• [Data for review]
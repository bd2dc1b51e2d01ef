-- ===== src/Crdt/Liveness/Gateways.antt =====
-- Which nodes count as live gateways.
use lightning_mesh.Prelude.{
  ℕ, true, false, Option, none, some, ◌≡◌, ◌↔◌, inl, inr, ap, arith, ◌≤◌, ◌-◌, [], ◌∷◌, In,
  Option-cases, Bool-cases,
}
use mathlib.Core.Option
use lightning_mesh.Order.{Text, text_ord, nat_ord}
use lightning_mesh.Book.{Book, get, get-insert_self}
use lightning_mesh.Book.Sorted.{IsSorted, In-get, get-In}
use lightning_mesh.Crdt.Egress.{EgressAd}
use lightning_mesh.Crdt.Liveness.{
  Seen, LivenessTracker, observe_with_egress, is_stale, healthy_ad, gateways_among, live_gateways,
}
use lightning_mesh.Crdt.Liveness.Laws.{observe-IsSorted}

abbrev Entry : Type 0
Entry = Text × Seen

abbrev Gateway : Type 0
Gateway = Text × EgressAd

-- An entry of the tracker that the loop lists.
abbrev IsListed : LivenessTracker → ℕ → Book Text Seen → Text → EgressAd → Type 0
IsListed t now m id ad =
    (s : Seen) × In {A = Entry} (id, s) m × (healthy_ad s ≡ some ad) × (is_stale t id now ≡ false)

IsListed-later :
    (t : LivenessTracker) (now : ℕ) (e : Entry) (m : Book Text Seen) (id : Text) (ad : EgressAd)
    → IsListed t now m id ad
    → IsListed t now (e ∷ m) id ad
IsListed-later t now e m id ad (s, i, h, fresh) = (s, inr i, h, fresh)

gateways_among_sound :
    (t : LivenessTracker) (now : ℕ) (m : Book Text Seen) (id : Text) (ad : EgressAd)
    → In {A = Gateway} (id, ad) (gateways_among t now m)
    → IsListed t now m id ad
unfolding gateways_among
gateways_among_sound t now [] id ad i = elim i [ ]
gateways_among_sound t now ((j, w) ∷ m) id ad i =
    let rest = gateways_among_sound t now m id ad in
    let later = IsListed-later t now (j, w) m id ad in
    elim (Bool-cases (is_stale t j now)) [
      | inl stale ↦ later (rest (rw stale at i))
      | inr fresh ↦ elim (Option-cases (healthy_ad w)) [
        | inl sick ↦ later (rest (rw (fresh, sick) at i))
        | inr (found, well) ↦ here rest fresh found well (rw (fresh, well) at i)
      ]
    ]
  where
    here :
        (In {A = Gateway} (id, ad) (gateways_among t now m) → IsListed t now m id ad)
        → is_stale t j now ≡ false
        → (found : EgressAd) → healthy_ad w ≡ some found
        → In {A = Gateway} (id, ad) ((j, found) ∷ gateways_among t now m)
        → IsListed t now ((j, w) ∷ m) id ad
    here rest fresh found well (inl e) = (w, inl (ground arith), ground arith, ground arith)
    here rest fresh found well (inr i) = IsListed-later t now (j, w) m id ad (rest i)

gateways_among_complete :
    (t : LivenessTracker) (now : ℕ) (m : Book Text Seen) (id : Text) (ad : EgressAd)
    → IsListed t now m id ad
    → In {A = Gateway} (id, ad) (gateways_among t now m)
unfolding gateways_among
gateways_among_complete t now [] id ad (s, i, h, fresh) = elim i [ ]
gateways_among_complete t now ((j, w) ∷ m) id ad (s, inl e, h, fresh) =
    let same_id : id ≡ j = ap (λ (p : Entry). p.0) e in
    let same : s ≡ w = ap (λ (p : Entry). p.1) e in
    rw (← same_id, fresh, ← same, h) (inl (ap (λ (x : Text). (x, ad)) same_id))
gateways_among_complete t now ((j, w) ∷ m) id ad (s, inr i, h, fresh) =
    let rest = gateways_among_complete t now m id ad (s, i, h, fresh) in
    elim (Bool-cases (is_stale t j now)) [
      | inl stale ↦ rw stale rest
      | inr live ↦ elim (Option-cases (healthy_ad w)) [
        | inl sick ↦ rw (live, sick) rest
        | inr (found, well) ↦ rw (live, well) (inr rest)
      ]
    ]

-- In a tracker whose ids ascend, the live gateways are exactly the nodes whose last accepted beacon
-- advertised a healthy uplink and arrived no longer ago than the staleness threshold, each with
-- that advertisement.
pub live_gateways_iff :
    (t : LivenessTracker) (now : ℕ) (id : Text) (ad : EgressAd)
    → IsSorted t.seen
    → In {A = Text × EgressAd} (id, ad) (live_gateways t now) ↔ (
        (s : Seen) × (get t.seen id ≡ some s)
        × (s.egress ≡ some ad)
        × (ad.healthy ≡ true)
        × (now - s.received_at_ms ≤ t.stale_threshold_ms))
unfolding live_gateways healthy_ad is_stale
live_gateways_iff t now id ad sorted = (
  λ i.
      let (s, there, h, fresh) = gateways_among_sound t now t.seen id ad i in
      let held = get-In t.seen id s sorted there in
      (s, held, ground arith, ground arith, ground arith),
  λ (s, held, shown, well, recent).
      gateways_among_complete t now t.seen id ad
        (s, In-get t.seen id s held, ground arith, ground arith),
)

observe-stores :
    (t : LivenessTracker) (id : Text) (inc ctr : ℕ) (shown : Option EgressAd) (now : ℕ)
    → (observe_with_egress t id inc ctr shown now).1 ≡ true
    → Option.map
        (λ (s : Seen). s.egress)
        (get (observe_with_egress t id inc ctr shown now).0.seen id)
      ≡ some shown
unfolding observe_with_egress
observe-stores t id inc ctr shown now accepted = ground (
  arith,
  get-insert_self t.seen id
      (record { incarnation = inc; counter = ctr; received_at_ms = now; egress = shown }),
)

-- A node whose newer beacon advertises no uplink is no gateway at any time, for as long as that
-- beacon is the one on record.
pub withdrawn_gateway :
    (t : LivenessTracker) (id : Text) (inc ctr : ℕ) (now later : ℕ) (ad : EgressAd)
    → IsSorted t.seen
    → (observe_with_egress t id inc ctr none now).1 ≡ true
    → ¬ In {A = Text × EgressAd}
        (id, ad)
        (live_gateways (observe_with_egress t id inc ctr none now).0 later)
withdrawn_gateway t id inc ctr now later ad sorted accepted i =
    let t' = (observe_with_egress t id inc ctr none now).0 in
    let (s, held, shown, _, _) =
      (live_gateways_iff t' later id ad (observe-IsSorted t id inc ctr none now sorted)).0 i in
    cc (observe-stores t id inc ctr none now accepted, held, shown)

• [Exercise description]
Whenever the string "none" occurs in a line of the entries above, copy that line.

• [Answer for this exercise]
  ℕ, true, false, Option, none, some, ◌≡◌, ◌↔◌, inl, inr, ap, arith, ◌≤◌, ◌-◌, [], ◌∷◌, In,
    → (observe_with_egress t id inc ctr none now).1 ≡ true
        (live_gateways (observe_with_egress t id inc ctr none now).0 later)
    let t' = (observe_with_egress t id inc ctr none now).0 in
      (live_gateways_iff t' later id ad (observe-IsSorted t id inc ctr none now sorted)).0 i in
    cc (observe-stores t id inc ctr none now accepted, held, shown)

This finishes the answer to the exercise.